Just as a note about the low frequencies being off. It appears to be spot on (error around .01%) between 7.19 and 78.125 Hz (PDB_PERIOD's of 65,188 and 6,000 ticks each) but frequencies below this are off wildly.

I believe there is an overflow error. And sure enough if I go one tick past 65535 to 65536 I get crazy numbers. I think for some reason that PDB_PERIOD is defined as a 16 bit value (I am not very famillar with C so I dont know how easy it is to re-define it to be 32 bits) while PDB0_MOD is a 32 bit register.
Read the manual, "35.3.2 Modulus Register (PDBx_MOD)". The PDB mod is 16 bits.
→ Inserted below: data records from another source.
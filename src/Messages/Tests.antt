-- ===== src/Messages/Tests.antt =====
-- Messages on concrete rows, and the theorems at inputs that meet their hypotheses.
use whats_app_poke.Prelude.{
  ◌≢◌, length, ◌≤◌, String, ◌≡◌, refl, ◌⊎◌, true, false, none, some, List, [], ◌∷◌, arith,
}
use whats_app_poke.Table.{Unique, get, select, sort_desc, All}
use whats_app_poke.Messages.{
  Message, InboundFields, Turn, turn, delivered, inbound_message, outbound_message, last_turns,
  drop_oldest, load_recent_messages, total_chars, insert_inbound_message,
  reserve_interaction_outbound, update_interaction_outbound_delivery, with_delivery,
}
use whats_app_poke.Messages.History.{
  Kept, drop_oldest_lem, load_recent_messages-bounds, load_recent_messages-scope,
}
use whats_app_poke.Messages.Inbound.{insert_inbound_once}
use whats_app_poke.Messages.Reserve.{reserve_once}

abbrev no_fields : InboundFields
no_fields = record {
  account_sid = none;
  from_address = none;
  to_address = none;
  num_media = none;
  media_url = none;
  media_content_type = none;
  wa_id = none;
  sms_status = none;
  api_version = none;
  num_segments = none;
  profile_name = none;
}

abbrev hello : Message
hello = inbound_message 1 10 7 "hello" "SM1" no_fields

abbrev answer : Message
answer = outbound_message 2 20 7 "hi" "SM2"

abbrev stranger : Message
stranger = inbound_message 3 30 8 "hey" "SM3" no_fields

abbrev chat : List Message
chat = hello ∷ answer ∷ stranger ∷ []

abbrev same_text : String → String
same_text s = s

-- oldest first, and only the contact's own
history_order : load_recent_messages same_text 7 20 8000 chat ≡ (true, "hello") ∷ (false, "hi") ∷ []
unfolding load_recent_messages select sort_desc last_turns drop_oldest
history_order = refl

-- the bound on the characters drops the oldest
history_short : load_recent_messages same_text 7 20 4 chat ≡ (false, "hi") ∷ []
unfolding load_recent_messages select sort_desc last_turns drop_oldest
history_short = refl

drop_oldest_lem_example :
    Kept 4
      ((true, "hello") ∷ (false, "hi") ∷ [])
      (drop_oldest 4 7 ((true, "hello") ∷ (false, "hi") ∷ []))
drop_oldest_lem_example = drop_oldest_lem 4 7 ((true, "hello") ∷ (false, "hi") ∷ []) refl

load_recent_messages-bounds_example :
    (length (load_recent_messages same_text 7 1 4 chat) ≤ 1)
    × ((total_chars (load_recent_messages same_text 7 1 4 chat) ≤ 4)
        ⊎ (length (load_recent_messages same_text 7 1 4 chat) ≤ 1))
load_recent_messages-bounds_example = load_recent_messages-bounds same_text 7 1 4 chat

chat_keys : Unique Message.id chat
unfolding get
chat_keys = ground arith

load_recent_messages-scope_example :
    All
      (λ (t : Turn).
        (r : Message) × (t ≡ turn r)
        × (get Message.id r.id chat ≡ some r)
        × (r.contact_id ≡ 7)
        × (same_text r.body ≢ ""))
      (load_recent_messages same_text 7 20 8000 chat)
load_recent_messages-scope_example = load_recent_messages-scope same_text 7 20 8000 chat chat_keys

insert_inbound_once_example :
    (let first = insert_inbound_message 4 40 7 "again" "SM4" no_fields chat in
      insert_inbound_message 5 50 7 "again" "SM4" no_fields first.0 ≡ (first.0, false))
insert_inbound_once_example =
    insert_inbound_once 4 5 40 50 7 7 "again" "again" "SM4" no_fields no_fields chat

reserve_once_example :
    (let a = reserve_interaction_outbound 4 40 7 100 1 "ok" chat in
      let b = update_interaction_outbound_delivery 7 100 1 delivered (some "SM9") a.0 in
      reserve_interaction_outbound 5 50 7 100 1 "okay" b.0
      ≡ (b.0, (with_delivery delivered (some "SM9") a.1.0, false)))
reserve_once_example = reserve_once 7 100 1 4 5 40 50 "ok" "okay" delivered (some "SM9") chat
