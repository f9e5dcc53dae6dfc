-- ===== src/Notify.antt =====
-- The notice of a connected account: app/worker/handlers/integration_notify.py, with the notices of
-- app/integrations/providers.py. `normalize` stands for `strip().lower()` of Python, `phone_of` for
-- the contact of a job, `send` for Twilio (none: it raised). The handler runs under the lock of the
-- contact, so it is one step.
use whats_app_poke.Prelude.{
  ℕ, String, Bool, true, false, Option, none, some, List, [], ◌∷◌, str_eq, if◌then◌else◌,
}
use whats_app_poke.Payload.{Payload, payload_str}
use whats_app_poke.Jobs.{Job}
use whats_app_poke.Messages.{Message, insert_outbound_message, outbound_exists_since}
pub mod Retry
mod Tests

abbrev pub integration_notify_reply : String
integration_notify_reply = "Conectado ✓ volta pro WhatsApp."

-- the slugs of the registry, with their notices
abbrev pub notices : List (String × String)
notices =
    ("gmail", "Gmail conectado. Já pode pedir pra ler ou redigir e-mails.")
    ∷ ("googlecalendar", "Google Agenda conectada. Já pode pedir a agenda ou criar eventos.")
    ∷ ("googledrive", "Google Drive conectado. Já pode pedir pra buscar arquivos.")
    ∷ ("googlesheets", "Planilhas Google conectadas. Já pode pedir pra ler ou atualizar.")
    ∷ ("notion", "Notion conectado. Já pode pedir pra buscar ou criar páginas.")
    ∷ ("trello", "Trello conectado. Já pode pedir pra ver boards e cards.")
    ∷ ("clickup", "ClickUp conectado. Já pode pedir pra ver tarefas e listas.")
    ∷ []

unfoldable pub lookup_notice : String → List (String × String) → Option String
lookup_notice slug [] = none
lookup_notice slug ((key, body) ∷ rows) =
    if str_eq key slug then some body else lookup_notice slug rows

-- none: `get_provider` raised `UnknownProvider`
unfoldable pub get_notice : (String → String) → String → Option String
unfolding lookup_notice
get_notice normalize slug = lookup_notice (normalize slug) notices

abbrev pub or_default : Option String → String
or_default none = integration_notify_reply
or_default (some body) = body

abbrev pub notice : (String → String) → Option String → String
notice normalize none = integration_notify_reply
notice normalize (some provider) = or_default (get_notice normalize provider)

unfoldable pub integration_notify_body : (String → String) → Payload → String
integration_notify_body normalize payload = notice normalize (payload_str payload "provider")

-- What a try of the handler has done: the messages, the texts that Twilio took, and whether it raised.
pub record Tried : Type 0 where
  pub messages : List Message
  pub texts : List String
  pub raised : Bool

-- what one try needs of its surroundings
pub record Attempt : Type 0 where
  pub new_id : ℕ
  pub now : ℕ
  pub send : String → Option String

abbrev pub stored : Option (List Message) → String → List Message → Tried
stored none body messages = record { messages = messages; texts = body ∷ []; raised = true }
stored (some after) body messages = record { messages = after; texts = body ∷ []; raised = false }

abbrev pub after_send : Attempt → (contact_id : ℕ) → String → Option String → List Message → Tried
after_send t contact_id body none messages = record {
  messages = messages;
  texts = [];
  raised = true;
}
after_send t contact_id body (some out_id) messages =
    stored (insert_outbound_message t.new_id t.now contact_id body out_id messages) body messages

abbrev pub notify : Attempt → Job → String → Option String → List Message → Tried
notify t job body none messages = record { messages = messages; texts = []; raised = true }
notify t job body (some phone) messages =
    if outbound_exists_since job.contact_id body job.created_at messages
    then record { messages = messages; texts = []; raised = false }
    else after_send t job.contact_id body (t.send body) messages

unfoldable pub run_integration_notify :
    (String → String) → (ℕ → Option String) → Attempt → Job → List Message → Tried
unfolding integration_notify_body
run_integration_notify normalize phone_of t job messages =
    notify t job (integration_notify_body normalize job.payload) (phone_of job.contact_id) messages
PDBx_MOD field descriptions
31–16 This field is reserved.
15–0 PDB Modulus
 
The DACs have input FIFOs and loading a new output value can be triggered at precise intervals by the PDB. The FIFO can generate DMA requests.

I've personally never managed to get the DAC FIFO stuff to work properly.

You could either use linked DMA channels (dma.triggerAtTransfersOf()) or use a minor loop, like the audio library stereo output:
https://github.com/PaulStoffregen/Audio/blob/master/output_dacs.cpp

Going with the minor loop writing directly to both DACs was the simplest way.

I must admit, after getting that working I really wasn't very motivated to ever go back and figure out how to get the FIFO to work.

However, doing a DMA transfer like that is not the best way to go. As long as the DAC output is the only DMA transfer happening, it will have very low jitter (a few CPU cycles). However, if there are other DMA transfers they can block the DAC transfer (potentially dozens of microseconds).

Yes, DMA latency can cause jitter this way. But it's very unlikely to be on the scale of dozens of microseconds.

Still, using the FIFOs would be good someday. Also on the nice-to-have to very low priority list would be the 4X oversampling that's in PT8211 and maybe even 4X oversampling & filtering on the ADC inputs.
 
I should probably also point out the DAC has a certain limited analog bandwidth, no matter how fast you write to it from the digital side.

Freescale only gives a very conservative worst case spec with maximum capacitive loading. It seems to be quite a lot faster under "typical" usage. But there's no official specs. There's also good reason to suspect the output buffer of the DAC is quite sensitive to capacitive load.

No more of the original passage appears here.